Озвученая женщиной мысль оказалась весьма по вкусу Кристоферу Джонсу. Все таки его работа заключалась в том, чтобы монстры как можно чаще чувствовали себя побежденными. И видя обреченность в их глазах при аресте, он испытывал истинное наслаждение. Для таких памятных моментов у него даже была отведена отдельная «коробочка» в сознании, задвинутая на самую дальнюю полку, но, к несчастью, довольно часто используемая. Он открывал ее лишь в двух случаях: когда необходимо было сохранить новое воспоминание и когда нужно было напомнить себе, что ему все еще есть ради чего жить. Забавно, что в этой же коробочке Кристофер Джонс хранил все воспоминания и о самом себе.
– Есть что-то общее с предыдущими жертвами? – продолжил расспрашивать судмедэксперта мужчина.
– Никаких прямых сходств между жертвами или способом их убийства я не вижу. Метод и время различаются, как и место обнаружения тела. Во всех случаях отсутствуют какие-либо следы ДНК и биологических материалов на теле. У всех жертв разное телосложение, рост, вес, возраст, единственное, что их объединяет, как вам уже удалось выяснить, это семейное положение и социальный статус.
Кристофер Джонс ненадолго подвис, анализирую полученную информацию и пытаясь сопоставить ее с уже имеющимися фактами. Тем временем Оливия Бренсон задвинула мертвое тело обратно в ящик и направилась к своему рабочему столу в противоположном конце комнаты.
– Насколько сложно нанести такое ранение? Все такие это не самый тривиальный способ убийства, – опомнившись прокричал ей в догонку детектив.
Женщина остановилась и, обернувшись к детективу лицом, произнесла, не секунды не раздумывая, точно на любой его вопрос у нее уже был готов ответ:
– Попасть ножом в сердце, безусловно, сложно и требует определенных базовых знаний человеческой анатомии. Даже если цель статична, нужно точно знать расположение сердца и угол удара, чтобы пройти между ребрами и другими структурами грудной клетки и поразить сердце. В данном случае нельзя на сто процентов назвать удар точным и анатомически грамотным. Убийце потребовалось приложить больше усилий, чем оно того требовало. Осмелюсь предположить, что кто бы это ни был он обладал лишь теоретическими познаниями в этой области.

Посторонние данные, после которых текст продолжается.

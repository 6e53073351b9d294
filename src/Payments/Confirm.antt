-- ===== src/Payments/Confirm.antt =====
-- The confirmation of a refund (`confirm_refund` and `_refund_confirmation_blockers` of
-- services/payment_service.py): a transfer that was made by hand is recorded, the returned units go back to
-- the stock, and the sellers are charged.
pub mod Restocked
pub mod Recorded
pub mod Confirmed
use drip_marketplace.Prelude.{
  ℕ, ◌+◌, Bool, true, false, not, ◌&&◌, ◌||◌, Option, none, some, List, [], ◌∷◌, sum_of, sort_by,
  ltb, leb, ◌==◌, is_some, if◌then◌else◌,
}
use drip_marketplace.Db.{
  Tx, ok, pure, raise, raise_if, gets, modify_db, or_raise, ◌>>=◌, ◌>>◌, Db, Text, Payment,
  PaymentStatus, Refund, Return, ReturnItem, ReturnStatus, OrderItem, SellerOrder, ProductInventory,
  ItemId, is_completed, lookup, modify, total, bad_transfer_reference, not_found_refund,
  not_found_payment, refund_confirmed_differently, refund_changed, refund_blocked,
  bad_return_quantities, return_inventory_missing,
}
use drip_marketplace.Texts.{strip, same_text, same_optional}
use drip_marketplace.Checkout.{Entry, merge_items}
use drip_marketplace.Commission.Refund.{Target, reverse_for_refund}
use drip_marketplace.Returns.{ReturnRow, has_status}
use drip_marketplace.Returns.Request.{same_item, find_item, quantity_for}
use drip_marketplace.Payments.{RefundRow, pkr, is_other, total_refunded}
use drip_marketplace.Payments.Collection.{is_bad_collection, is_none_left}

-- What an administrator has seen; `expected_return` is none when the link is not checked.
pub record ConfirmReview : Type 0 where
  pub expected_amount : Option ℕ
  pub expected_payment : Option ℕ
  pub expected_return : Option (Option ℕ)

abbrev pub is_same_return : Option ℕ → Option ℕ → Bool
is_same_return none none = true
is_same_return (some a) (some b) = a == b
is_same_return _ _ = false

abbrev pub is_other_link : Option (Option ℕ) → Option ℕ → Bool
is_other_link none link = false
is_other_link (some expected) link = not (is_same_return expected link)

abbrev pub is_other_refund : ConfirmReview → Refund → Bool
is_other_refund review r =
    is_other review.expected_amount r.amount
    || (is_other review.expected_payment r.order_id
        || is_other_link review.expected_return r.return_id)

abbrev pub linked_return : Option ℕ → Db → Option Return
linked_return none db = none
linked_return (some id) db = lookup id db.returns

abbrev pub is_bad_return : ℕ → Option Return → Bool
is_bad_return payment_id none = true
is_bad_return payment_id (some r) =
    not (r.order_id == payment_id)
    || (not (has_status ReturnStatus.received r) || is_none_left r.items)

-- Whether `_refund_confirmation_blockers` finds anything.
unfoldable pub is_refund_blocked : Refund → Payment → Option Return → ℕ → Bool
is_refund_blocked r payment returned reserved =
    (is_some r.processed_at || (is_some r.gateway_ref || is_some r.processed_by))
    || (not (is_completed payment.status && same_text payment.currency pkr)
        || ((not (ltb 0 r.amount) || ltb payment.amount reserved)
            || (is_some r.return_id && is_bad_return r.order_id returned)))

-- `quantities[item_id] += quantity`
unfoldable pub add_returned : ReturnItem → List ReturnItem → List ReturnItem
add_returned i [] = i ∷ []
add_returned i (j ∷ items) =
    if same_item j.item i.item
    then record j { quantity = j.quantity + i.quantity } ∷ items
    else j ∷ add_returned i items

-- `quantities`, unless a quantity is not positive.
unfoldable pub gather : List ReturnItem → List ReturnItem → Option (List ReturnItem)
gather [] acc = some acc
gather (i ∷ items) acc = if i.quantity == 0 then none else gather items (add_returned i acc)

abbrev pub refunded_part : ItemId → Return → ℕ
refunded_part id r = if has_status ReturnStatus.refunded r then quantity_for id r.items else 0

-- `prior`: what other refunded returns took back.
unfoldable pub prior_refunded : ItemId → ℕ → List ReturnRow → ℕ
prior_refunded id return_id [] = 0
prior_refunded id return_id (row ∷ rows) =
    (if row.0 == return_id then 0 else refunded_part id row.1) + prior_refunded id return_id rows

-- The variant of a returned item, when its links and quantities are in order.
abbrev pub checked_item : ℕ → ℕ → ReturnItem → ℕ → OrderItem → Option ℕ
checked_item payment_id seller_id i prior item =
    if i.item.0 == payment_id
      && (item.seller_id == seller_id && leb (prior + i.quantity) item.quantity)
    then some item.variant_id
    else none

abbrev pub variant_of : ℕ → ℕ → ReturnItem → ℕ → Option OrderItem → Option ℕ
variant_of payment_id seller_id i prior none = none
variant_of payment_id seller_id i prior (some item) = checked_item payment_id seller_id i prior item

abbrev pub restock_entry : ReturnItem → Option ℕ → Option (List Entry) → Option (List Entry)
restock_entry i none rest = none
restock_entry i (some variant_id) none = none
restock_entry i (some variant_id) (some rest) = some ((variant_id, i.quantity) ∷ rest)

-- One entry for each item; those of one variant are put together afterwards.
unfoldable pub restock_entries : ℕ → ℕ → ℕ → List ReturnItem → Db → Option (List Entry)
restock_entries payment_id seller_id return_id [] db = some []
restock_entries payment_id seller_id return_id (i ∷ items) db =
    restock_entry i
      (variant_of payment_id seller_id i (prior_refunded i.item return_id db.returns)
        (find_item i.item db))
      (restock_entries payment_id seller_id return_id items db)

abbrev pub split_seller : ℕ → Option SellerOrder → Option ℕ
split_seller payment_id none = none
split_seller payment_id (some so) = if so.order_id == payment_id then some so.seller_id else none

abbrev pub more_stock : ℕ → ProductInventory → ProductInventory
more_stock quantity row = record row { stock = row.stock + quantity }

abbrev pub add_stock : ℕ → ℕ → Db → Db
add_stock variant_id quantity db = record db {
  inventory = modify variant_id (more_stock quantity) db.inventory;
}

-- One UPDATE for each variant, which must find its row.
unfoldable pub restock_all : List Entry → Tx (Unit {0})
restock_all [] = pure tt
restock_all (entry ∷ entries) = do
  row ← gets (λ db. lookup entry.0 db.inventory)
  raise_if (not (is_some row)) return_inventory_missing
  modify_db (add_stock entry.0 entry.1)
  restock_all entries

abbrev pub by_variant : Entry → Entry → Bool
by_variant a b = leb a.0 b.0

abbrev pub paid_back : ℕ → Return → Return
paid_back now r = record r { status = ReturnStatus.refunded; resolved_at = some now }

-- Step 1 of the confirmation, for a refund of a return.
unfoldable pub restock_return : ℕ → ℕ → ℕ → Return → Tx (Unit {0})
restock_return now payment_id return_id r = do
  split ← gets (λ db. split_seller payment_id (lookup r.seller_order_id db.seller_orders))
  items ← or_raise (gather r.items []) bad_return_quantities
  seller_id ← or_raise split bad_return_quantities
  found ← gets (restock_entries payment_id seller_id return_id items)
  entries ← or_raise found bad_return_quantities
  restock_all (sort_by by_variant (merge_items entries))
  modify_db (λ db. record db { returns = modify return_id (paid_back now) db.returns })

abbrev pub take_back : ℕ → ℕ → Option ℕ → Option Return → Tx (Unit {0})
take_back now payment_id (some return_id) (some r) = restock_return now payment_id return_id r
take_back now payment_id _ _ = pure tt

abbrev pub confirmed : ℕ → ℕ → Text → Refund → Refund
confirmed now admin_id reference r = record r {
  gateway_ref = some reference;
  processed_at = some now;
  processed_by = some admin_id;
}

abbrev pub store_confirmed : ℕ → ℕ → ℕ → Text → Db → Db
store_confirmed now refund_id admin_id reference db = record db {
  refunds = modify refund_id (confirmed now admin_id reference) db.refunds;
}

-- A return is charged to its seller order, a direct refund to the whole order.
abbrev pub target_of : ℕ → Option Return → Target
target_of payment_id none = Target.for_order payment_id
target_of payment_id (some r) = Target.for_seller_order r.seller_order_id

abbrev pub confirmed_part : ℕ → Refund → ℕ
confirmed_part payment_id r =
    if r.order_id == payment_id && is_some r.processed_at then r.amount else 0

-- What has been paid back of a payment.
abbrev pub total_confirmed : ℕ → Db → ℕ
total_confirmed payment_id db = total (confirmed_part payment_id) db.refunds

abbrev pub refunded_payment : Payment → Payment
refunded_payment payment = record payment { status = PaymentStatus.refunded }

abbrev pub store_refunded : ℕ → Db → Db
store_refunded payment_id db = record db {
  payments = modify payment_id refunded_payment db.payments;
}

-- Step 4: the payment is refunded when all of it has been confirmed.
unfoldable pub close_payment : ℕ → Payment → Tx (Unit {0})
close_payment payment_id payment = do
  confirmed_total ← gets (total_confirmed payment_id)
  if leb payment.amount confirmed_total then modify_db (store_refunded payment_id) else pure tt

unfoldable pub confirm_now :
    ℕ → ℕ → ℕ → Text → ConfirmReview → Refund → Option Return → Payment → Tx (Unit {0})
confirm_now now refund_id admin_id reference review r returned payment = do
  raise_if (is_other_refund review r) refund_changed
  reserved ← gets (total_refunded r.order_id)
  raise_if (is_refund_blocked r payment returned reserved) refund_blocked
  take_back now r.order_id r.return_id returned
  modify_db (store_confirmed now refund_id admin_id reference)
  reverse_for_refund now refund_id (target_of r.order_id returned) r.amount
  close_payment r.order_id payment

unfoldable pub confirmed_before : Text → Refund → Tx (Unit {0})
confirmed_before reference r =
    raise_if (not (same_optional r.gateway_ref (some reference))) refund_confirmed_differently

-- The reference's schema is that of a cash collection. The second reading of the refund's return, under its
-- lock, finds the same one here.
unfoldable pub confirm_refund : ℕ → ℕ → ℕ → Text → ConfirmReview → Tx (Unit {0})
confirm_refund now refund_id admin_id reference review = do
  raise_if (is_bad_collection reference) bad_transfer_reference
  row ← gets (λ db. lookup refund_id db.refunds)
  r ← or_raise row not_found_refund
  returned ← gets (linked_return r.return_id)
  payment_row ← gets (λ db. lookup r.order_id db.payments)
  payment ← or_raise payment_row not_found_payment
  if is_some r.processed_at
      then confirmed_before (strip reference) r
      else confirm_now now refund_id admin_id (strip reference) review r returned payment
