-- ===== src/Payments/Confirm/Restocked.antt =====
-- The units of a confirmed return go back to the stock, each once.
use drip_marketplace.Prelude.{
  ℕ, ◌+◌, ◌≡◌, refl, ap, inl, inr, not, Option, none, some, List, [], ◌∷◌, arith, sum_of, sort_by,
  sum_of-sort_by, ◌==◌, is_some, Bool-cases, Option-cases,
}
use drip_marketplace.Db.{
  Db, Return, ReturnItem, ProductInventory, Ends, Ends-guard, Ends-require, Ends-then, Ends-weaken,
  lookup, modify, total-modify,
}
use drip_marketplace.Checkout.{Entry, add_to, merge_from, merge_items}
use drip_marketplace.Checkout.Allocation.{entry_amount, sum_of-add_to}
use drip_marketplace.Commission.Refund.Allocated.{AnyError}
use drip_marketplace.Orders.Closed.{stock_total}
use drip_marketplace.Returns.Request.{same_item, find_item}
use drip_marketplace.Payments.Confirm.{
  add_returned, gather, prior_refunded, restock_entry, variant_of, restock_entries, split_seller,
  more_stock, add_stock, restock_all, by_variant, paid_back, restock_return, take_back,
}

abbrev pub units : List ReturnItem → ℕ
units items = sum_of (λ (i : ReturnItem). i.quantity) items

units-add_returned :
    (i : ReturnItem) (items : List ReturnItem)
    → units (add_returned i items) ≡ i.quantity + units items
unfolding add_returned
units-add_returned i [] = refl
units-add_returned i (j ∷ items) = elim (Bool-cases (same_item j.item i.item)) [
  | inl same ↦ rw same (omega arith)
  | inr other ↦ rw other (omega (arith, units-add_returned i items))
]

units-gather :
    (items acc result : List ReturnItem)
    → gather items acc ≡ some result
    → units result ≡ units items + units acc
unfolding gather
units-gather [] acc result e = let eq : acc ≡ result = ground arith in rw (← eq) (omega arith)
units-gather (i ∷ items) acc result e = elim (Bool-cases (i.quantity == 0)) [
  | inl none_there ↦ absurd (ground arith)
  | inr more ↦ omega (
    arith,
    units-gather items (add_returned i acc) result (rw more at e),
    units-add_returned i acc,
  )
]

restock_entry-is_some :
    (i : ReturnItem) (variant : Option ℕ) (rest : Option (List Entry)) (entries : List Entry)
    → restock_entry i variant rest ≡ some entries
    → (tail : List Entry) × (rest ≡ some tail)
      × (sum_of entry_amount entries ≡ i.quantity + sum_of entry_amount tail)
restock_entry-is_some i none rest entries e = absurd (ground arith)
restock_entry-is_some i (some v) none entries e = absurd (ground arith)
restock_entry-is_some i (some v) (some tail) entries e =
    let eq : (v, i.quantity) ∷ tail ≡ entries = ground arith in (tail, refl, rw (← eq) refl)

restock_entries-units :
    (payment_id seller_id return_id : ℕ) (items : List ReturnItem) (db : Db) (entries : List Entry)
    → restock_entries payment_id seller_id return_id items db ≡ some entries
    → sum_of entry_amount entries ≡ units items
unfolding restock_entries
restock_entries-units payment_id seller_id return_id [] db entries e =
    let eq : [] ≡ entries = ground arith in rw (← eq) refl
restock_entries-units payment_id seller_id return_id (i ∷ items) db entries e =
    let (tail, more, sums) =
      restock_entry-is_some i
        (variant_of payment_id seller_id i (prior_refunded i.item return_id db.returns)
          (find_item i.item db))
        (restock_entries payment_id seller_id return_id items db) entries e in
    omega (arith, sums, restock_entries-units payment_id seller_id return_id items db tail more)

sum_of-merge_from :
    (acc entries : List Entry)
    → sum_of entry_amount (merge_from acc entries)
      ≡ sum_of entry_amount acc + sum_of entry_amount entries
unfolding merge_from
sum_of-merge_from acc [] = omega arith
sum_of-merge_from acc ((v, q) ∷ entries) =
    omega (arith, sum_of-merge_from (add_to v q acc) entries, sum_of-add_to v q acc)

-- Only the stock changes.
abbrev pub Restocked : ℕ → Db → Db → Type 0
Restocked amount db t =
    (t ≡ record db { inventory = t.inventory }) × (stock_total t ≡ stock_total db + amount)

restock_all-Restocked :
    (entries : List Entry) (db : Db)
    → Ends (λ _ t. Restocked (sum_of entry_amount entries) db t) AnyError (restock_all entries db)
unfolding restock_all
restock_all-Restocked [] db = (refl, omega arith)
restock_all-Restocked (entry ∷ entries) db =
    Ends-guard P AnyError db (not (is_some (lookup entry.0 db.inventory))) _ _ (λ _. tt)
      (λ there. elim (Option-cases (lookup entry.0 db.inventory)) [
        | inl missing ↦ absurd (ground arith)
        | inr (row, found) ↦
            let mid : Db = add_stock entry.0 entry.1 db in
            Ends-weaken (λ _ t. Restocked (sum_of entry_amount entries) mid t) P AnyError AnyError
              (restock_all entries mid) (restock_all-Restocked entries mid)
              (λ _ t r. (
                r.0,
                omega (
                  arith,
                  r.1,
                  total-modify (λ (i : ProductInventory). i.stock) entry.0 (more_stock entry.1) row
                      db.inventory found,
                ),
              ))
              (λ _ _. tt)
      ])
  where
    P : Unit {0} → Db → Type 0
    P _ t = Restocked (sum_of entry_amount (entry ∷ entries)) db t

abbrev pub units_back : Option ℕ → Option Return → ℕ
units_back (some id) (some r) = units r.items
units_back _ _ = 0

abbrev pub returns_back : ℕ → Option ℕ → Option Return → List (ℕ × Return) → List (ℕ × Return)
returns_back now (some id) (some r) rows = modify id (paid_back now) rows
returns_back now _ _ rows = rows

-- The returned units are in the stock and the return is refunded; without a return nothing happens.
pub record TakenBack (now : ℕ) (link : Option ℕ) (returned : Option Return) (db t : Db)
    : Type 0 where
  pub frame : t ≡ record db { inventory = t.inventory; returns = t.returns }
  pub stock : stock_total t ≡ stock_total db + units_back link returned
  pub returns : t.returns ≡ returns_back now link returned db.returns

restock_return-TakenBack :
    (now payment_id id : ℕ) (r : Return) (db : Db)
    → Ends
        (λ _ t. TakenBack now (some id) (some r) db t)
        AnyError
        (restock_return now payment_id id r db)
unfolding restock_return
restock_return-TakenBack now payment_id id r db =
    Ends-require P AnyError db (gather r.items []) _ _ (λ _. tt)
      (λ items gathered.
        Ends-require P AnyError db
          (split_seller payment_id (lookup r.seller_order_id db.seller_orders)) _ _ (λ _. tt)
          (λ seller _.
            Ends-require P AnyError db (restock_entries payment_id seller id items db) _ _ (λ _. tt)
              (λ entries found.
                let sorted = sort_by by_variant (merge_items entries) in
                Ends-then (restock_all sorted) (λ _ t. Restocked (sum_of entry_amount sorted) db t)
                  P AnyError db _ (restock_all-Restocked sorted db)
                  (λ _ t done. record {
                    frame =
                        ap (λ (x : Db). record x { returns = modify id (paid_back now) t.returns })
                          done.0;
                    stock = omega (
                      arith,
                      done.1,
                      sum_of-sort_by by_variant entry_amount (merge_items entries),
                      sum_of-merge_from [] entries,
                      restock_entries-units payment_id seller id items db entries found,
                      units-gather r.items [] items gathered,
                    );
                    returns = ap (λ (x : Db). modify id (paid_back now) x.returns) done.0;
                  }))))
  where
    P : Unit {0} → Db → Type 0
    P _ t = TakenBack now (some id) (some r) db t

pub take_back-TakenBack :
    (now payment_id : ℕ) (link : Option ℕ) (returned : Option Return) (db : Db)
    → Ends
        (λ _ t. TakenBack now link returned db t)
        AnyError
        (take_back now payment_id link returned db)
take_back-TakenBack now payment_id (some id) (some r) db =
    restock_return-TakenBack now payment_id id r db
take_back-TakenBack now payment_id (some id) none db = record {
  frame = refl;
  stock = omega arith;
  returns = refl;
}
take_back-TakenBack now payment_id none returned db = record {
  frame = refl;
  stock = omega arith;
  returns = refl;
}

– Профиль убийцы не изменился? Высокий мужчина в хорошей физической форме.
Судмедэксперт кивнула, подтверждая сказанное.
– Если это все, Кристофер, то мне нужно возвращаться к работе. Официальный отчет вышлю тебе на почту сегодня вечером.
– Спасибо, Оливия. Я твой должник.
Кристофер Джонс направился к выходу. Но даже после его ухода, его тяжелые шаги еще какое-то время висели мертвым грузом в пространстве полупустой комнаты, вытесняя собой давящую тишину, нарушаемую лишь периодическим потрескиванием потолочных ламп.
Глава 4
Эмилия могла бы позабыть о существовании некоего мистера Мора, однако на протяжении всего вечера этот загадочный мужчина никак не выходил из ее головы. Каждый раз, когда очередная «увлекательная» светская беседа подходила к концу, девушка невольно искала его глазами, и неизменно находила изучающим ее стройную фигуру или черты лица.
У Эмилии не было шансов устоять перед магнетизмом Майкла Мора, она не могла не поверить в это влечение, в эту связь между ними, когда все ее существо так откровенно откликалось на каждое его фантомное прикосновение.
Взгляд мужчины не был пристойным, сдержанным в демонстрации своих чувств. Его взгляд был полон неоспоримой решимости, словно девушка уже давно принадлежала ему, и мужчина имел полное право смотреть на нее так пронизывающе и неуместно жадно.
Когда основная масса посетителей покинула галерею, Майкл подошел к Эмилии и, осторожно приобняв девушку за талию, мягко спросил: «Ты готова?». Это лишенное всякой дистанции «ты» очень понравилось Эмилии. После стольких бесстыжих молчаливых диалогов между ними, вежливое «Вы» казалось абсолютно неуместным.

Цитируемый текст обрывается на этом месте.